== Supplied data

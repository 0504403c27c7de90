-- ===== src/Json/RoundTrip.antt =====
-- What dumpString writes, parseString reads back.
use architect_simulator.Base.{
  ◌≡◌, refl, ap, sym, ◌∙◌, ℕ, suc, ◌+◌, ◌<◌, ◌*◌, ◌/◌, ◌%◌, length, false, List, [], ◌∷◌, ◌++◌,
  some, append_assoc, arith, Bool-cases, inl, inr, ltb, ◌==◌,
}
use architect_simulator.Json.{
  parsed, push, hex_char, hex_digit, utf8, escape, dump_char, dump_chars, dump_string, plain, hex,
  read_string, parse_string,
}

hex_digit-hex_char : (d : ℕ) → d < 16 → hex_digit (hex_char d) ≡ some d
unfolding hex_digit hex_char
hex_digit-hex_char d h = ground arith

read_hex :
    (k cp h d : ℕ) (cs : List ℕ)
    → hex_digit h ≡ some d
    → read_string (hex (suc k) cp) (h ∷ cs) ≡ read_string (hex k (cp * 16 + d)) cs
unfolding read_string
read_hex k cp h d cs e = rw (e, read_string) refl

read_last :
    (cp h d : ℕ) (cs : List ℕ)
    → hex_digit h ≡ some d
    → read_string (hex 0 cp) (h ∷ cs) ≡ push (utf8 (cp * 16 + d)) (read_string plain cs)
unfolding read_string
read_last cp h d cs e = rw (e, read_string) refl

utf8-ascii : (c : ℕ) → c < 128 → utf8 c ≡ c ∷ []
unfolding utf8
utf8-ascii c h = ground (arith, h)

read_unicode :
    (a b c d : ℕ) (cs : List ℕ)
    → read_string plain (92 ∷ 117 ∷ a ∷ b ∷ c ∷ d ∷ cs) ≡ read_string (hex 3 0) (a ∷ b ∷ c ∷ d ∷ cs)
unfolding read_string
read_unicode a b c d cs =
    let long : ltb (length (a ∷ b ∷ c ∷ d ∷ cs)) 4 ≡ false = ground arith in
    rw (long, read_string) refl

read-control :
    (c : ℕ) (rest : List ℕ)
    → c < 32
    → read_string plain (92 ∷ 117 ∷ 48 ∷ 48 ∷ hex_char (c / 16) ∷ hex_char (c % 16) ∷ rest)
      ≡ push (c ∷ []) (read_string plain rest)
read-control c rest h =
    let zero_digit : hex_digit 48 ≡ some 0 = unfold hex_digit in refl in
    let high : hex_digit (hex_char (c / 16)) ≡ some (c / 16) =
      hex_digit-hex_char (c / 16) (omega (arith, h)) in
    let low : hex_digit (hex_char (c % 16)) ≡ some (c % 16) =
      hex_digit-hex_char (c % 16) (omega arith) in
    let value : ((0 * 16 + 0) * 16 + 0) * 16 + c / 16 ≡ c / 16 = omega arith in
    let whole : (((0 * 16 + 0) * 16 + 0) * 16 + c / 16) * 16 + c % 16 ≡ c = omega arith in
    read_unicode 48 48 (hex_char (c / 16)) (hex_char (c % 16)) rest
    ∙ read_hex 2 0 48 0 _ zero_digit
    ∙ read_hex 1 (0 * 16 + 0) 48 0 _ zero_digit
    ∙ read_hex 0 ((0 * 16 + 0) * 16 + 0) (hex_char (c / 16)) (c / 16) _ high
    ∙ read_last (((0 * 16 + 0) * 16 + 0) * 16 + c / 16) (hex_char (c % 16)) (c % 16) rest low
    ∙ ap (λ x. push (utf8 x) (read_string plain rest)) whole
    ∙ ap (λ x. push x (read_string plain rest)) (utf8-ascii c (omega (arith, h)))

read_escape :
    (e b : ℕ) (cs : List ℕ)
    → (e == 117) ≡ false
    → escape e ≡ some b
    → read_string plain (92 ∷ e ∷ cs) ≡ push (b ∷ []) (read_string plain cs)
unfolding read_string
read_escape e b cs n h = rw (n, h, read_string) refl

read_raw :
    (c : ℕ) (cs : List ℕ)
    → (c == 34) ≡ false
    → (c == 92) ≡ false
    → ltb c 32 ≡ false
    → read_string plain (c ∷ cs) ≡ push (c ∷ []) (read_string plain cs)
unfolding read_string
read_raw c cs q b l = rw (q, b, l, read_string) refl

-- The characters that have an escape of one letter, with the letter; what is left is below 32 or is
-- written as it is.
data Kind (c : ℕ) : Type 0 where
  short : (e : ℕ) → dump_char c ≡ 92 ∷ e ∷ [] → (e == 117) ≡ false → escape e ≡ some c → Kind c
  control :
      dump_char c ≡ 92 ∷ 117 ∷ 48 ∷ 48 ∷ hex_char (c / 16) ∷ hex_char (c % 16) ∷ []
      → c < 32
      → Kind c
  raw : dump_char c ≡ c ∷ [] → (c == 34) ≡ false → (c == 92) ≡ false → ltb c 32 ≡ false → Kind c

unescaped-Kind :
    (c : ℕ)
    → (c == 34) ≡ false
    → (c == 92) ≡ false
    → (c == 10) ≡ false
    → (c == 13) ≡ false
    → (c == 9) ≡ false
    → (c == 8) ≡ false
    → (c == 12) ≡ false
    → Kind c
unfolding dump_char
unescaped-Kind c a b n r t s f = elim (Bool-cases (ltb c 32)) [
  | inl l ↦ control (rw (a, b, n, r, t, s, f, l) refl) (ground (arith, l))
  | inr l ↦ raw (rw (a, b, n, r, t, s, f, l) refl) a b l
]

any-Kind : (c : ℕ) → Kind c
any-Kind c = elim (Bool-cases (c == 34)) [
  | inl e ↦ letter 34 34 (ground (arith, e)) (unfold dump_char in refl) refl (unfold escape in refl)
  | inr a ↦ elim (Bool-cases (c == 92)) [
    | inl e ↦
        letter 92 92 (ground (arith, e)) (unfold dump_char in refl) refl (unfold escape in refl)
    | inr b ↦ elim (Bool-cases (c == 10)) [
      | inl e ↦
          letter 10 110 (ground (arith, e)) (unfold dump_char in refl) refl (unfold escape in refl)
      | inr n ↦ elim (Bool-cases (c == 13)) [
        | inl e ↦
            letter 13 114 (ground (arith, e)) (unfold dump_char in refl) refl
              (unfold escape in refl)
        | inr r ↦ elim (Bool-cases (c == 9)) [
          | inl e ↦
              letter 9 116 (ground (arith, e)) (unfold dump_char in refl) refl
                (unfold escape in refl)
          | inr t ↦ elim (Bool-cases (c == 8)) [
            | inl e ↦
                letter 8 98 (ground (arith, e)) (unfold dump_char in refl) refl
                  (unfold escape in refl)
            | inr s ↦ elim (Bool-cases (c == 12)) [
              | inl e ↦
                  letter 12 102 (ground (arith, e)) (unfold dump_char in refl) refl
                    (unfold escape in refl)
              | inr f ↦ unescaped-Kind c a b n r t s f
            ]
          ]
        ]
      ]
    ]
  ]
]
  where
    letter :
        (v e : ℕ)
        → c ≡ v
        → dump_char v ≡ 92 ∷ e ∷ []
        → (e == 117) ≡ false
        → escape e ≡ some v
        → Kind c
    letter v e q d n h = short e (ap dump_char q ∙ d) n (h ∙ ap some (sym q))

-- What a character is dumped as is read back as that character.
read-dump_char :
    (c : ℕ) (rest : List ℕ)
    → read_string plain (dump_char c ++ rest) ≡ push (c ∷ []) (read_string plain rest)
read-dump_char c rest = go (any-Kind c)
  where
    with_dump :
        (d : List ℕ)
        → dump_char c ≡ d
        → read_string plain (d ++ rest) ≡ push (c ∷ []) (read_string plain rest)
        → read_string plain (dump_char c ++ rest) ≡ push (c ∷ []) (read_string plain rest)
    with_dump d e h = ap (λ x. read_string plain (x ++ rest)) e ∙ h

    go : Kind c → read_string plain (dump_char c ++ rest) ≡ push (c ∷ []) (read_string plain rest)
    go (short e d n h) = with_dump _ d (read_escape e c rest n h)
    go (control d l) = with_dump _ d (read-control c rest l)
    go (raw d a b l) = with_dump _ d (read_raw c rest a b l)

read-dump_chars : (s rest : List ℕ) → read_string plain (dump_chars s ++ 34 ∷ rest) ≡ parsed s rest
unfolding dump_chars
read-dump_chars [] rest = unfold read_string in refl
read-dump_chars (c ∷ s) rest =
    ap (read_string plain) (append_assoc (dump_char c) (dump_chars s) (34 ∷ rest))
    ∙ read-dump_char c (dump_chars s ++ 34 ∷ rest)
    ∙ ap (push (c ∷ [])) (read-dump_chars s rest)

-- Every byte string that dumpString writes is read back by parseString, which ends after the closing
-- quote, whatever follows it.
pub parse_string-dump_string :
    (s rest : List ℕ) → parse_string (dump_string s ++ rest) ≡ parsed s rest
unfolding parse_string dump_string
parse_string-dump_string s rest =
    ap (read_string plain) (append_assoc (dump_chars s) (34 ∷ []) rest) ∙ read-dump_chars s rest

====

Show the lines of the material that contain the word "writes".

-- What dumpString writes, parseString reads back.
-- Every byte string that dumpString writes is read back by parseString, which ends after the closing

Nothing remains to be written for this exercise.